Task details →
Hand back all of the records exactly as they read.

────────

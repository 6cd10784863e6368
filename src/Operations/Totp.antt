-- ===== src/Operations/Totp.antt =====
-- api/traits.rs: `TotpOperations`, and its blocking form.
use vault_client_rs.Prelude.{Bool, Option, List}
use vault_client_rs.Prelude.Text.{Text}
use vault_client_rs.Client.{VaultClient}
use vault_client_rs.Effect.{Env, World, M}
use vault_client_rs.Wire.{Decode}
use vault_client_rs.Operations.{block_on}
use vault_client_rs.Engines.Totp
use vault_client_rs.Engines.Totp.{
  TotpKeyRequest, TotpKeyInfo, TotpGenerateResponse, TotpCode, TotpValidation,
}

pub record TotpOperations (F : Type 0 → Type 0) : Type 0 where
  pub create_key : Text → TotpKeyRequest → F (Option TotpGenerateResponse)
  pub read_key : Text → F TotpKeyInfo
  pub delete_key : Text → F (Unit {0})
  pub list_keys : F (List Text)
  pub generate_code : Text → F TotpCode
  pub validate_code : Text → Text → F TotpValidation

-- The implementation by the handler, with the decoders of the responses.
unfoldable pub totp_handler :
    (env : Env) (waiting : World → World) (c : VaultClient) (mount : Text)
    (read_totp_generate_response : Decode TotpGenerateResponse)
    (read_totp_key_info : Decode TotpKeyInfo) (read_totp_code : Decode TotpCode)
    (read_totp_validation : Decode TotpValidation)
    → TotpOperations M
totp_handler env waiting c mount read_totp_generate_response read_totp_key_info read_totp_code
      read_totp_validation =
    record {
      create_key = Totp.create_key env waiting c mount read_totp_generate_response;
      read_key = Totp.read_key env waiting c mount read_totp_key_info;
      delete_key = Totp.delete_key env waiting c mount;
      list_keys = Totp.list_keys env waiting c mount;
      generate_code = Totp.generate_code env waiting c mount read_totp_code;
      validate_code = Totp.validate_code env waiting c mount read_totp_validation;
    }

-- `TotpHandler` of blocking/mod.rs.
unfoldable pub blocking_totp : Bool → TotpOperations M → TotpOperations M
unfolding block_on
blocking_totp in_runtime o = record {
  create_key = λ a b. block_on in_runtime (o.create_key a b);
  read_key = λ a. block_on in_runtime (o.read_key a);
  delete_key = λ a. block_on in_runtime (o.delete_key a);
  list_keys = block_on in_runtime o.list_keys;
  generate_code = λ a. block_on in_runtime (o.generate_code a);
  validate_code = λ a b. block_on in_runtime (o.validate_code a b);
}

────────

Output for this exercise →
repository 6cd10784863e6368
filename src/Operations/Totp.antt
-- ===== src/Operations/Totp.antt =====
-- api/traits.rs: `TotpOperations`, and its blocking form.
use vault_client_rs.Prelude.{Bool, Option, List}
use vault_client_rs.Prelude.Text.{Text}
use vault_client_rs.Client.{VaultClient}
use vault_client_rs.Effect.{Env, World, M}
use vault_client_rs.Wire.{Decode}
use vault_client_rs.Operations.{block_on}
use vault_client_rs.Engines.Totp
use vault_client_rs.Engines.Totp.{
  TotpKeyRequest, TotpKeyInfo, TotpGenerateResponse, TotpCode, TotpValidation,
}

pub record TotpOperations (F : Type 0 → Type 0) : Type 0 where
  pub create_key : Text → TotpKeyRequest → F (Option TotpGenerateResponse)
  pub read_key : Text → F TotpKeyInfo
  pub delete_key : Text → F (Unit {0})
  pub list_keys : F (List Text)
  pub generate_code : Text → F TotpCode
  pub validate_code : Text → Text → F TotpValidation

-- The implementation by the handler, with the decoders of the responses.
unfoldable pub totp_handler :
    (env : Env) (waiting : World → World) (c : VaultClient) (mount : Text)
    (read_totp_generate_response : Decode TotpGenerateResponse)
    (read_totp_key_info : Decode TotpKeyInfo) (read_totp_code : Decode TotpCode)
    (read_totp_validation : Decode TotpValidation)
    → TotpOperations M
totp_handler env waiting c mount read_totp_generate_response read_totp_key_info read_totp_code
      read_totp_validation =
    record {
      create_key = Totp.create_key env waiting c mount read_totp_generate_response;
      read_key = Totp.read_key env waiting c mount read_totp_key_info;
      delete_key = Totp.delete_key env waiting c mount;
      list_keys = Totp.list_keys env waiting c mount;
      generate_code = Totp.generate_code env waiting c mount read_totp_code;
      validate_code = Totp.validate_code env waiting c mount read_totp_validation;
    }

-- `TotpHandler` of blocking/mod.rs.
unfoldable pub blocking_totp : Bool → TotpOperations M → TotpOperations M
unfolding block_on
blocking_totp in_runtime o = record {
  create_key = λ a b. block_on in_runtime (o.create_key a b);
  read_key = λ a. block_on in_runtime (o.read_key a);
  delete_key = λ a. block_on in_runtime (o.delete_key a);
  list_keys = block_on in_runtime o.list_keys;
  generate_code = λ a. block_on in_runtime (o.generate_code a);
  validate_code = λ a b. block_on in_runtime (o.validate_code a b);
}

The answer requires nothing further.